Irgendwann konnten die Politiker aller Farben nicht mehr hinter ihre eigenen Forderungen zurück und beschlossen die Pflicht zu einer detaillierteren Veröffentlichung der Nebeneinkünfte. Vereine wie LobbyControl haben dafür lange gekämpft, nun sind sie erfolgreich, weil Union und FDP damit der SPD vermeintlich eins auswischen können. Was folgt daraus für die Zukunft? Brauchen wir mehr Sozialdemokraten wie Steinbrück, mehr Großspenden an die Linkspartei, mehr Seitenwechsel von Grünen-Politikern, damit sich etwas tut?

Nein, es wäre zu kurz gegriffen, den Erfolg alleine den taktierenden Parteien zuzuschreiben. Sie wurden letztlich gezwungen – durch den öffentlichen Druck. Die Bürgerinnen und Bürger, sie allein bilden die Klasse, die Veränderungen durchsetzen kann. Die Parteien und Politiker haben kein Interesse an ihrer eigenen Kontrolle.

Bezahlte Nebentätigkeiten verbieten

Für den öffentlichen Druck muss dubioser Lobbyismus aber erstmal sichtbar werden. Deswegen sind Forderungen etwa nach einem Lobbyistenregister oder nach der Offenlegung der Nebeneinkünfte auf Euro und Cent auch sinnvoll. Sie scheitern an den regierenden Parteien, gehen aber auch nicht weit genug. Transparenz muss letztlich zu Veränderung des Lobbyismus führen, und Vereine wie LobbyControl müssen dabei eine Vorreiterrolle übernehmen. Daher ist es auch grob fahrlässig, wenn im Lobbyreport bloß ein einziger Satz zu den wirklich wichtigen Konsequenzen aus der Debatte über Nebeneinkünfte zu lesen ist: „Wir fordern ein Verbot von Lobbytätigkeiten neben dem Mandat.“

Nötig wäre das Verbot von allen bezahlten Nebentätigkeiten. Abgeordnete erhalten genug Geld, und wenn sie gerne ihre Kanzlei weiterführen oder in Aufsichtsräten sitzen wollen, können sie das gerne tun – ohne Geld dafür zu bekommen. Abhängigkeiten sind so ausgeschlossen, ein Berufsverbot ist es trotzdem nicht.

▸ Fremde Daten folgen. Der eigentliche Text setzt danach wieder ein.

-- ===== src/Dispatcher/Accepted.antt =====
-- dispatcher.ts: what enqueueConfirmed accepts is in a task: the one added, or one that is active.
use framework_module_resizer.Prelude.{
  String, Bool, true, false, ◌&&◌, ◌||◌, Option, none, some, List, [], ◌∷◌, map, All, All-map, any,
  all, str_eq, eq_refl, ◌≡◌, refl, inl, arith,
}
use framework_module_resizer.Types.{MissingPreview, EnqueueReceipt, added, in_flight}
use framework_module_resizer.Database.{Failure, Reply, done, threw}
use framework_module_resizer.Dispatcher.{DispatchOutcome, tried, result}
use framework_module_resizer.Dispatcher.Variants.{
  group_variants, values, flat, take_receipts, unresolved_of,
}
use framework_module_resizer.Dispatcher.Confirm.{
  EnqueueIssue, ConfirmedEnqueueResult, confirm_active, confirmed_outcome, confirm_requested,
  confirm_variants, failed_with,
}
use framework_module_resizer.Dispatcher.Held.{
  or_right, holds, held_by, Entry, Fair, take_receipts-Fair, confirmed-held,
}

-- The dispatch added a task with an id.
abbrev pub was_added : DispatchOutcome → Bool
was_added (tried (result (added id))) = true
was_added o = false

module _ (canonical : List MissingPreview → List MissingPreview)
    (identity payload : MissingPreview → String) (trim : String → String) where
  -- Every variant has its entry.
  own :
      (vs : List MissingPreview)
      → All
          (λ v.
            any (λ u. str_eq (identity u) (identity v) && str_eq (payload u) (payload v)) vs ≡ true)
          vs
  own [] = tt
  own (v ∷ vs) = (
    ground (arith, eq_refl (identity v), eq_refl (payload v)),
    All-map
        (λ w.
          any (λ u. str_eq (identity u) (identity w) && str_eq (payload u) (payload w)) vs ≡ true)
        (λ w.
          any (λ u. str_eq (identity u) (identity w) && str_eq (payload u) (payload w)) (v ∷ vs)
          ≡ true)
        (λ w h. or_right _ _ h) vs (own vs),
  )

  entries-Entry :
      (requested : List MissingPreview) (H : String → Bool) (vs : List MissingPreview)
      → All
          (λ v.
            any (λ u. str_eq (identity u) (identity v) && str_eq (payload u) (payload v)) requested
            ≡ true)
          vs
      → All
          (Entry canonical identity payload trim requested H)
          (map (λ v. (payload v, (identity v, v))) vs)
  entries-Entry requested H [] h = tt
  entries-Entry requested H (v ∷ vs) (h, hs) = (h, entries-Entry requested H vs hs)

  unresolved_of-Fair :
      (requested : List MissingPreview) (H : String → Bool)
      → Fair canonical identity payload trim requested H
          (unresolved_of canonical identity payload requested)
  unfolding Fair unresolved_of
  unresolved_of-Fair requested H =
      (λ x h. inl h, entries-Entry requested H requested (own requested))

  all-true :
      (p : MissingPreview → Bool) (vs : List MissingPreview) → all (λ v. true || p v) vs ≡ true
  all-true p [] = refl
  all-true p (v ∷ vs) = all-true p vs

  module _ (said : Failure → Option (String × Bool)) where
    Holds :
        DispatchOutcome
        → Option (Reply (List EnqueueReceipt))
        → List MissingPreview
        → ConfirmedEnqueueResult
        → Type 0
    Holds o active requested r =
        all
          (λ v.
            was_added o || held_by canonical identity payload trim active requested (identity v))
          r.accepted
        ≡ true

    confirm_active-Holds :
        (id : Option String) (active : Option (Reply (List EnqueueReceipt)))
        (requested conflicts : List MissingPreview) (issues : List EnqueueIssue)
        → Holds
            (tried (result (in_flight id)))
            active
            requested
            (confirm_active canonical identity payload trim said active requested conflicts issues)
    unfolding confirm_active failed_with Holds
    confirm_active-Holds id none requested conflicts issues =
        confirmed-held canonical identity payload trim requested (λ x. false) conflicts issues
          (unresolved_of canonical identity payload requested)
          (unresolved_of-Fair requested (λ x. false))
    confirm_active-Holds id (some (threw e)) requested conflicts issues = refl
    confirm_active-Holds id (some (done active)) requested conflicts issues =
        let H : String → Bool =
          λ x. any (holds canonical identity payload trim requested x) active in
        confirmed-held canonical identity payload trim requested H conflicts issues
          (take_receipts canonical identity payload trim active
            (unresolved_of canonical identity payload requested))
          (take_receipts-Fair canonical identity payload trim requested H active
            (unresolved_of canonical identity payload requested) (λ x h. h)
            (unresolved_of-Fair requested H))

    confirmed_outcome-Holds :
        (o : DispatchOutcome) (active : Option (Reply (List EnqueueReceipt)))
        (requested conflicts : List MissingPreview) (issues : List EnqueueIssue)
        → Holds o active requested (
            confirmed_outcome canonical identity payload trim said active requested conflicts issues
              o)
    unfolding confirmed_outcome failed_with Holds
    confirmed_outcome-Holds (tried (result (added id))) active requested conflicts issues =
        all-true (λ v. held_by canonical identity payload trim active requested (identity v))
          requested
    confirmed_outcome-Holds (tried (result (in_flight id))) active requested conflicts issues =
        confirm_active-Holds id active requested conflicts issues
    confirmed_outcome-Holds _ active requested conflicts issues = refl

    -- A variant is accepted only when the dispatch added a task, or when an active task with an id
    -- holds, as the only payload of its identity, the payload of the requested variant of that
    -- identity.
    pub confirm_variants-held :
        (sent : List MissingPreview → DispatchOutcome × Option (Reply (List EnqueueReceipt)))
        (previews requested : List MissingPreview)
        → requested ≡ values (group_variants canonical identity payload previews).unique
        → all
            (λ v.
              was_added (sent requested).0
              || held_by canonical identity payload trim (sent requested).1 requested (identity v))
            (confirm_variants canonical identity payload trim said sent previews).accepted
          ≡ true
    unfolding confirm_variants Holds
    confirm_variants-held sent previews requested e =
        rw e (by_list (values (group_variants canonical identity payload previews).unique))
      where
        by_list :
            (vs : List MissingPreview)
            → all
                (λ v.
                  was_added (sent vs).0
                  || held_by canonical identity payload trim (sent vs).1 vs (identity v))
                (confirm_requested canonical identity payload trim said (sent vs).0 (sent vs).1 vs (
                  flat (
                    values
                      (group_variants canonical identity payload previews).conflicts))).accepted
              ≡ true
        by_list [] = refl
        by_list (v ∷ vs) = confirmed_outcome-Holds (sent (v ∷ vs)).0 (sent (v ∷ vs)).1 (v ∷ vs) _ _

Es gibt weitere Gründe, weshalb die Nebeneinkünfte zumindest ein bisschen transparenter gemacht, andere Forderungen von LobbyControl aber nicht erfüllt wurden. Fragwürdige Unternehmensspenden an Parteien treffen nicht den einzelnen Politiker, der Skandal lässt sich nicht personalisieren. Und bei den Seitenwechslern dreht sich die Drehtür meist nur in eine Richtung: von Politik zur Wirtschaft. Und dann ist es eigentlich auch schon zu spät: Für Ex-Politiker interessiert sich niemand, und alles bleibt so, wie es ist.